On client side • Need a lot of CPU and graphics power to display the data and interact with the user • Dedicated computation provides snappy response time and powerful decision making aids • Can “cache” or “save” results of old computations so that if user revisits them, won’t need to reissue identical request to server

Summary of typical split • Server deals with bulk data storage, high perf. computation, collecting huge amounts of background data that may be useful to any of several clients • Client deals with the “attractive” display, quick interaction times • Use of caching to speed response time

Statefulness issues • Client-server system is stateless if: Client is independently responsible for its actions, server doesn’t track set of clients or ensure that cached data stays up to date • Client-server system is stateful if: Server tracks its clients, takes actions to keep their cached states “current”. Client can trust its cached data.

Best known examples? • The UNIX NFS file system is stateless.
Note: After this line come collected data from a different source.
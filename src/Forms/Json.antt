-- ===== src/Forms/Json.antt =====
-- `JSON` of src/github.com/latacora/formaldehyd/emit.go: what is made of the nodes of a form. How it is
-- written as text is Go's library, and so a parameter.
pub mod Total
use formaldehyde.Prelude.{
  ℕ, Bool, true, false, List, [], ◌∷◌, Option, none, some, codes, same_text, ℤ,
}
use formaldehyde.Prelude.Partial.{Partial, done, panic, out_of_fuel, ◌>>=◌}
use formaldehyde.Forms.Nodes.{Kind, Attr, Node}

-- `JButton`, `JDropField`, `JHeader`, `JText`, `JRadioField`, `JCheckField`, `JTextField` and
-- `JNumberField`, without the field `type`, which the constructor says.
pub data Widget : Type 0 where
  j_button : (label : List ℕ) (line : ℕ) (tag opt : List ℕ) → Widget
  j_drop_field : (label : List ℕ) (options : List (List ℕ)) (line : ℕ) (tag opt : List ℕ) → Widget
  j_header : (text tag opt : List ℕ) → Widget
  j_text : (text tag opt : List ℕ) → Widget
  j_radio_field : (label : List ℕ) (selected : Bool) (line : ℕ) (tag opt : List ℕ) → Widget
  j_check_field : (label : List ℕ) (checked : Bool) (line : ℕ) (tag opt : List ℕ) → Widget
  j_text_field : (label default : List ℕ) (width height : ℤ) (line : ℕ) (tag opt : List ℕ) → Widget
  j_number_field :
      (label : List ℕ) (default width height : ℤ) (slider plusminus : Bool) (line : ℕ)
      (tag opt : List ℕ)
      → Widget

-- A child of a `JDocument`: a `JPage`, or another.
pub data Item : Type 0 where
  j_page : (label : List ℕ) (children : List Widget) → Item
  widget : Widget → Item

-- What `JSON` takes of Go's library: the number that `strconv.Atoi` returns, whatever its error, and
-- `json.MarshalIndent`.
pub record Emitter : Type 0 where
  pub atoi : List ℕ → ℤ
  pub marshal_indent : List Item → List ℕ

abbrev pub same_attr : Attr → Attr → Bool
same_attr Attr.width Attr.width = true
same_attr Attr.height Attr.height = true
same_attr Attr.default Attr.default = true
same_attr Attr.plusminus Attr.plusminus = true
same_attr Attr.slider Attr.slider = true
same_attr Attr.checked Attr.checked = true
same_attr Attr.selected Attr.selected = true
same_attr Attr.on Attr.on = true
same_attr Attr.label Attr.label = true
same_attr _ _ = false

unfoldable pub find_attr : Attr → List (Attr × List ℕ) → List ℕ
find_attr key [] = []
find_attr key ((k, value) ∷ rest) =
    let other = find_attr key rest in elim (same_attr key k) [ true ↦ value | false ↦ other ]

-- `k.Attrs[key]`, which is empty for a nil map.
unfoldable pub attr : Attr → Node → List ℕ
unfolding find_attr
attr key k = elim k.attrs [ none ↦ [] | some attrs ↦ find_attr key attrs ]

-- `k.Attrs[key] == "t"`.
unfoldable pub flag : Attr → Node → Bool
unfolding attr
flag key k = same_text (attr key k) (codes "t")

module _ (em : Emitter) (nodes : ℕ → Node) where
  unfoldable pub rti : Attr → Node → ℤ
  unfolding attr
  rti key k = em.atoi (attr key k)

  unfoldable pub options : List ℕ → List (List ℕ)
  options [] = []
  options (c ∷ cs) = (nodes c).text ∷ options cs

  -- `handle`, of a node of a kind.
  unfoldable pub handle_kind : Kind → Node → Partial Widget
  unfolding attr flag rti options
  handle_kind Kind.button k = done (j_button k.text k.line k.hash k.opt)
  handle_kind Kind.text k = done (j_text k.text k.hash k.opt)
  handle_kind Kind.heading k = done (j_header k.text k.hash k.opt)
  handle_kind Kind.number_field k = done (
      j_number_field (attr Attr.label k) (rti Attr.default k) (rti Attr.width k) (rti Attr.height k)
        (flag Attr.slider k) (flag Attr.plusminus k) k.line k.hash k.opt)
  handle_kind Kind.text_field k = done (
      j_text_field (attr Attr.label k) (attr Attr.default k) (rti Attr.width k) (rti Attr.height k)
        k.line k.hash k.opt)
  handle_kind Kind.check_field k =
      done (j_check_field (attr Attr.label k) (flag Attr.checked k) k.line k.hash k.opt)
  handle_kind Kind.radio_field k =
      done (j_radio_field (attr Attr.label k) (flag Attr.selected k) k.line k.hash k.opt)
  handle_kind Kind.drop_field k =
      done (j_drop_field (attr Attr.label k) (options k.children) k.line k.hash k.opt)
  handle_kind _ k = panic

  unfoldable pub handle : ℕ → Partial Widget
  unfolding handle_kind
  handle id = handle_kind (nodes id).kind (nodes id)

  -- The loop over the children of a page.
  unfoldable pub handle_all : List ℕ → Partial (List Widget)
  unfolding handle
  handle_all [] = done []
  handle_all (c ∷ cs) = handle c >>= λ w. handle_all cs >>= λ ws'. done (w ∷ ws')

  -- A child of the document, of a kind.
  unfoldable pub item_kind : Kind → ℕ → Partial Item
  unfolding handle_all attr
  item_kind Kind.page id =
      handle_all (nodes id).children >>= λ ws'. done (j_page (attr Attr.label (nodes id)) ws')
  item_kind _ id = handle id >>= λ w. done (widget w)

  -- The loop over the children of the document.
  unfoldable pub items : List ℕ → Partial (List Item)
  unfolding item_kind
  items [] = done []
  items (c ∷ cs) = item_kind (nodes c).kind c >>= λ i. items cs >>= λ is. done (i ∷ is)

  unfoldable pub json : ℕ → Partial (List ℕ)
  unfolding items
  json id = items (nodes id).children >>= λ is. done (em.marshal_indent is)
Bill Joy: “Once they replaced my file server during the evening while my machine was idle. The next day I resumed work right where I had left off, and didn’t even notice the change!” • Database systems are usually stateful: Client reads database of available seats on plane, information stays valid during transaction

Typical issues in design • Client is generally simpler than server: may be single-threaded, can wait for reply to RPC’s • Server is generally multithreaded, designed to achieve extremely high concurrency and throughput. Much harder to develop • Reliability issue: if server goes down, all its clients may be “stuck”. Usually addressed with some form of backup or replication.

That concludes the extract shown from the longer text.